(DATA EXCERPTS)
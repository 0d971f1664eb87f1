-- ===== src/Codec/Meta/Trip/Fields.antt =====
-- One field in a query, a header or a cookie.
use sing_xhttp.Common.{
  if◌then◌else◌, Bool-cases, ◌≡◌, refl, sym, ◌∙◌, ◌≢◌, inl, inr, Option, none, some, List, [], ◌∷◌,
  arith, ap, true, All,
}
use sing_xhttp.Common.Text.{Bytes, String, codes, str_eq, str_eq_iff}
use sing_xhttp.Common.Strings.{OneOf}
use sing_xhttp.Codec.Request.{
  Request, find, canonical, value_or_empty, find-put_self, find-put_ne, find-add_self, find-add_ne,
}
use sing_xhttp.Codec.Cookie.{is_name}
use sing_xhttp.Codec.Cookie.Sent.{IsVisible, add_cookie_sent}
use sing_xhttp.Codec.Meta.{apply_field, extract_field}

-- A placement other than the path.
abbrev pub keyed : List String
keyed = "query" ∷ "header" ∷ "cookie" ∷ []

-- The name under which a keyed placement files a key.
abbrev pub name_at : String → String → Bytes
name_at placement key = if str_eq placement "header" then canonical (codes key) else codes key

-- What the request holds for a key.
unfoldable pub held_at : Request → String → String → Option Bytes
held_at r placement key =
    if str_eq placement "query"
    then find (codes key) r.query
    else (if str_eq placement "header"
        then find (canonical (codes key)) r.header
        else find (codes key) r.cookies)

pub extract-held :
    (r : Request) (placement key : String) (segs : List Bytes)
    → OneOf placement keyed
    → extract_field r placement key segs ≡ (value_or_empty (held_at r placement key), segs)
unfolding held_at
extract-held r placement key segs (inl e) = rw e (unfold extract_field in refl)
extract-held r placement key segs (inr (inl e)) = rw e (unfold extract_field in refl)
extract-held r placement key segs (inr (inr (inl e))) = rw e (unfold extract_field in refl)
extract-held r placement key segs (inr (inr (inr x))) = elim x [ ]

-- If the field goes into a cookie, its key is a token, and its value is of visible characters.
abbrev pub IsCookieSafe : String → String → Bytes → Type 0
IsCookieSafe placement key v = (placement ≡ "cookie" → is_name (codes key) ≡ true) × All IsVisible v

-- What was written is held.
pub held-apply_self :
    (r : Request) (placement key : String) (v : Bytes)
    → OneOf placement keyed
    → IsCookieSafe placement key v
    → held_at r placement key ≡ none
    → held_at (apply_field r placement key v) placement key ≡ some v
held-apply_self r placement key v (inl e) safe free =
    rw e (unfold held_at apply_field in find-put_self (codes key) v r.query)
held-apply_self r placement key v (inr (inl e)) safe free =
    rw e (unfold held_at apply_field in find-put_self (canonical (codes key)) v r.header)
held-apply_self r placement key v (inr (inr (inl e))) safe free = rw e (
    unfold held_at apply_field in
    ap (find (codes key)) (add_cookie_sent (codes key) v r.cookies (safe.0 e) safe.1)
    ∙ find-add_self (codes key) v r.cookies (rw e at free))
held-apply_self r placement key v (inr (inr (inr x))) safe free = elim x [ ]

module _ (r : Request) (key other other_key : String) (v : Bytes) where
  query_apart :
      ("query" ≡ other → codes key ≢ name_at other other_key)
      → find (codes key) (apply_field r other other_key v).query ≡ find (codes key) r.query
  unfolding apply_field
  query_apart apart = elim (Bool-cases (str_eq other "query")) [
    | inl t ↦
        let e = (str_eq_iff other "query").0 t in
        rw e (find-put_ne (codes key) (codes other_key) v r.query (rw e at (apart (sym e))))
    | inr f ↦ ground (arith, f)
  ]

  header_apart :
      ("header" ≡ other → canonical (codes key) ≢ name_at other other_key)
      → find (canonical (codes key)) (apply_field r other other_key v).header
        ≡ find (canonical (codes key)) r.header
  unfolding apply_field
  header_apart apart = elim (Bool-cases (str_eq other "header")) [
    | inl t ↦
        let e = (str_eq_iff other "header").0 t in
        rw e (
          find-put_ne (canonical (codes key)) (canonical (codes other_key)) v r.header
            (rw e at (apart (sym e))))
    | inr f ↦ ground (arith, f)
  ]

  cookie_apart :
      IsCookieSafe other other_key v
      → ("cookie" ≡ other → codes key ≢ name_at other other_key)
      → find (codes key) (apply_field r other other_key v).cookies ≡ find (codes key) r.cookies
  unfolding apply_field
  cookie_apart safe apart = elim (Bool-cases (str_eq other "cookie")) [
    | inl t ↦
        let e = (str_eq_iff other "cookie").0 t in
        rw (e, add_cookie_sent (codes other_key) v r.cookies (safe.0 e) safe.1)
          (find-add_ne (codes key) (codes other_key) v r.cookies (rw e at (apart (sym e))))
    | inr f ↦ ground (arith, f)
  ]

-- Writing one field leaves another alone, unless both have one place and one name.
pub held-apply_ne :
    (r : Request) (placement key other other_key : String) (v : Bytes)
    → OneOf placement keyed
    → IsCookieSafe other other_key v
    → (placement ≡ other → name_at placement key ≢ name_at other other_key)
    → held_at (apply_field r other other_key v) placement key ≡ held_at r placement key
unfolding held_at
held-apply_ne r placement key other other_key v (inl e) safe apart =
    rw e (query_apart r key other other_key v (rw e at apart))
held-apply_ne r placement key other other_key v (inr (inl e)) safe apart =
    rw e (header_apart r key other other_key v (rw e at apart))
held-apply_ne r placement key other other_key v (inr (inr (inl e))) safe apart =
    rw e (cookie_apart r key other other_key v safe (rw e at apart))
held-apply_ne r placement key other other_key v (inr (inr (inr x))) safe apart = elim x [ ]

-- A keyed placement does not touch the path.
pub path-apply :
    (r : Request) (placement key : String) (v : Bytes)
    → OneOf placement keyed
    → (apply_field r placement key v).path ≡ r.path
unfolding apply_field
path-apply r placement key v (inl e) = rw e
path-apply r placement key v (inr (inl e)) = rw e
path-apply r placement key v (inr (inr (inl e))) = rw e
path-apply r placement key v (inr (inr (inr x))) = elim x [ ]

pub keyed-ne-path : (placement : String) → OneOf placement keyed → placement ≢ "path"
keyed-ne-path placement (inl e) k = cc ((str_eq_iff "query" "path").1 (sym e ∙ k))
keyed-ne-path placement (inr (inl e)) k = cc ((str_eq_iff "header" "path").1 (sym e ∙ k))
keyed-ne-path placement (inr (inr (inl e))) k = cc ((str_eq_iff "cookie" "path").1 (sym e ∙ k))
keyed-ne-path placement (inr (inr (inr x))) k = elim x [ ]
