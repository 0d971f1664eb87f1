-- ===== src/Codec/Meta/Trip/Path.antt =====
-- The two fields in the path.
use sing_xhttp.Common.{
  ℕ, ◌≡◌, refl, ap, sym, ◌∙◌, ◌≢◌, ◌||◌, true, false, List, [], ◌∷◌, ◌++◌, arith, append_assoc,
  append-nil, drop-append_length,
}
use sing_xhttp.Common.Text.{Bytes, str_eq}
use sing_xhttp.Common.Strings.{
  has_prefix, trim_prefix, ends_with, split, Lacks, split-Lacks, split-append, has_prefix-append,
}
use sing_xhttp.Codec.{Codec}
use sing_xhttp.Codec.Request.{Request}
use sing_xhttp.Codec.Meta.{append_to_path, path_segments, is_empty}

pub trim_prefix-append : (p s : Bytes) → trim_prefix (p ++ s) p ≡ s
unfolding trim_prefix
trim_prefix-append p s = rw (has_prefix-append p s) (drop-append_length p s)

trim_slash : (s : Bytes) → Lacks b'/' s → trim_prefix s (b'/' ∷ []) ≡ s
unfolding trim_prefix
trim_slash [] h = refl
trim_slash (x ∷ xs) h = ground (arith, h.0)

-- Segments behind a path's last slash.
abbrev pub joined : Bytes → Bytes → Bytes
joined s [] = s
joined s (c ∷ cs) = s ++ (b'/' ∷ c ∷ cs)

ends_with-append :
    (p : Bytes) (x : ℕ) (s : Bytes) → ends_with (p ++ (x ∷ s)) b'/' ≡ ends_with (x ∷ s) b'/'
unfolding ends_with
ends_with-append [] x s = refl
ends_with-append (y ∷ []) x s = refl
ends_with-append (y ∷ z ∷ zs) x s = ends_with-append (z ∷ zs) x s

ends_with-Lacks : (s : Bytes) → Lacks b'/' s → ends_with s b'/' ≡ false
unfolding ends_with
ends_with-Lacks [] h = refl
ends_with-Lacks (x ∷ []) h = ground (arith, h.0)
ends_with-Lacks (x ∷ y ∷ ys) h = ends_with-Lacks (y ∷ ys) h.1

-- A first segment goes right behind a base path that ends in a slash.
pub append_first : (base s : Bytes) → ends_with base b'/' ≡ true → append_to_path base s ≡ base ++ s
unfolding append_to_path
append_first base [] e = sym (append-nil base)
append_first base (c ∷ cs) e = rw e

-- A second one behind a slash.
pub append_second :
    (base s t : Bytes) → s ≢ [] → Lacks b'/' s → append_to_path (base ++ s) t ≡ base ++ joined s t
unfolding append_to_path
append_second base s [] some_ h = refl
append_second base [] (c ∷ cs) some_ h = absurd (some_ refl)
append_second base (x ∷ xs) (c ∷ cs) some_ h =
    rw (ends_with-append base x xs, ends_with-Lacks (x ∷ xs) h)
      (append_assoc base (x ∷ xs) (b'/' ∷ c ∷ cs))

trim_slash-append :
    (s t : Bytes) → s ≢ [] → Lacks b'/' s → trim_prefix (s ++ t) (b'/' ∷ []) ≡ s ++ t
unfolding trim_prefix
trim_slash-append [] t some_ h = absurd (some_ refl)
trim_slash-append (x ∷ xs) t some_ h = ground (arith, h.0)

trim_slash-joined :
    (s t : Bytes) → s ≢ [] → Lacks b'/' s → trim_prefix (joined s t) (b'/' ∷ []) ≡ joined s t
trim_slash-joined s [] some_ h = trim_slash s h
trim_slash-joined s (c ∷ cs) some_ h = trim_slash-append s (b'/' ∷ c ∷ cs) some_ h

-- The segments of a joined text.
abbrev pub segments : Bytes → Bytes → List Bytes
segments s [] = s ∷ []
segments s (c ∷ cs) = s ∷ (c ∷ cs) ∷ []

split-joined : (s t : Bytes) → Lacks b'/' s → Lacks b'/' t → split b'/' (joined s t) ≡ segments s t
split-joined s [] h k = split-Lacks b'/' s h
split-joined s (c ∷ cs) h k =
    split-append b'/' s (c ∷ cs) h ∙ ap (◌∷◌ s) (split-Lacks b'/' (c ∷ cs) k)

is_empty-joined : (s t : Bytes) → s ≢ [] → is_empty (joined s t) ≡ false
is_empty-joined [] t some_ = absurd (some_ refl)
is_empty-joined (x ∷ xs) [] some_ = refl
is_empty-joined (x ∷ xs) (c ∷ cs) some_ = refl

module _ (c : Codec) (r : Request)
    (looks : (str_eq c.session_placement "path" || str_eq c.seq_placement "path") ≡ true) where
  pub path_segments-joined :
      (s t : Bytes)
      → s ≢ []
      → Lacks b'/' s
      → Lacks b'/' t
      → r.path ≡ c.base_path ++ joined s t
      → path_segments c r ≡ segments s t
  unfolding path_segments
  path_segments-joined s t some_ h k e =
      rw
        (
          looks,
          e,
          trim_prefix-append c.base_path (joined s t),
          trim_slash-joined s t some_ h,
          is_empty-joined s t some_,
        )
        (split-joined s t h k)

  pub path_segments-base : r.path ≡ c.base_path → path_segments c r ≡ []
  unfolding path_segments
  path_segments-base e =
      let whole : r.path ≡ c.base_path ++ [] = e ∙ sym (append-nil c.base_path) in
      rw (looks, whole, trim_prefix-append c.base_path []) (unfold trim_prefix has_prefix in refl)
(End DATA EXCERPTS)
● ASSIGNMENT: Return only the lines between the one holding "joined s [] = s" and the one holding "(append_assoc base (x", inclusive, exactly as they appear above.

● OUTPUT OF THE TASK:
joined s [] = s
joined s (c ∷ cs) = s ++ (b'/' ∷ c ∷ cs)

ends_with-append :
    (p : Bytes) (x : ℕ) (s : Bytes) → ends_with (p ++ (x ∷ s)) b'/' ≡ ends_with (x ∷ s) b'/'
unfolding ends_with
ends_with-append [] x s = refl
ends_with-append (y ∷ []) x s = refl
ends_with-append (y ∷ z ∷ zs) x s = ends_with-append (z ∷ zs) x s

ends_with-Lacks : (s : Bytes) → Lacks b'/' s → ends_with s b'/' ≡ false
unfolding ends_with
ends_with-Lacks [] h = refl
ends_with-Lacks (x ∷ []) h = ground (arith, h.0)
ends_with-Lacks (x ∷ y ∷ ys) h = ends_with-Lacks (y ∷ ys) h.1

-- A first segment goes right behind a base path that ends in a slash.
pub append_first : (base s : Bytes) → ends_with base b'/' ≡ true → append_to_path base s ≡ base ++ s
unfolding append_to_path
append_first base [] e = sym (append-nil base)
append_first base (c ∷ cs) e = rw e

-- A second one behind a slash.
pub append_second :
    (base s t : Bytes) → s ≢ [] → Lacks b'/' s → append_to_path (base ++ s) t ≡ base ++ joined s t
unfolding append_to_path
append_second base s [] some_ h = refl
append_second base [] (c ∷ cs) some_ h = absurd (some_ refl)
append_second base (x ∷ xs) (c ∷ cs) some_ h =
    rw (ends_with-append base x xs, ends_with-Lacks (x ∷ xs) h)
      (append_assoc base (x ∷ xs) (b'/' ∷ c ∷ cs))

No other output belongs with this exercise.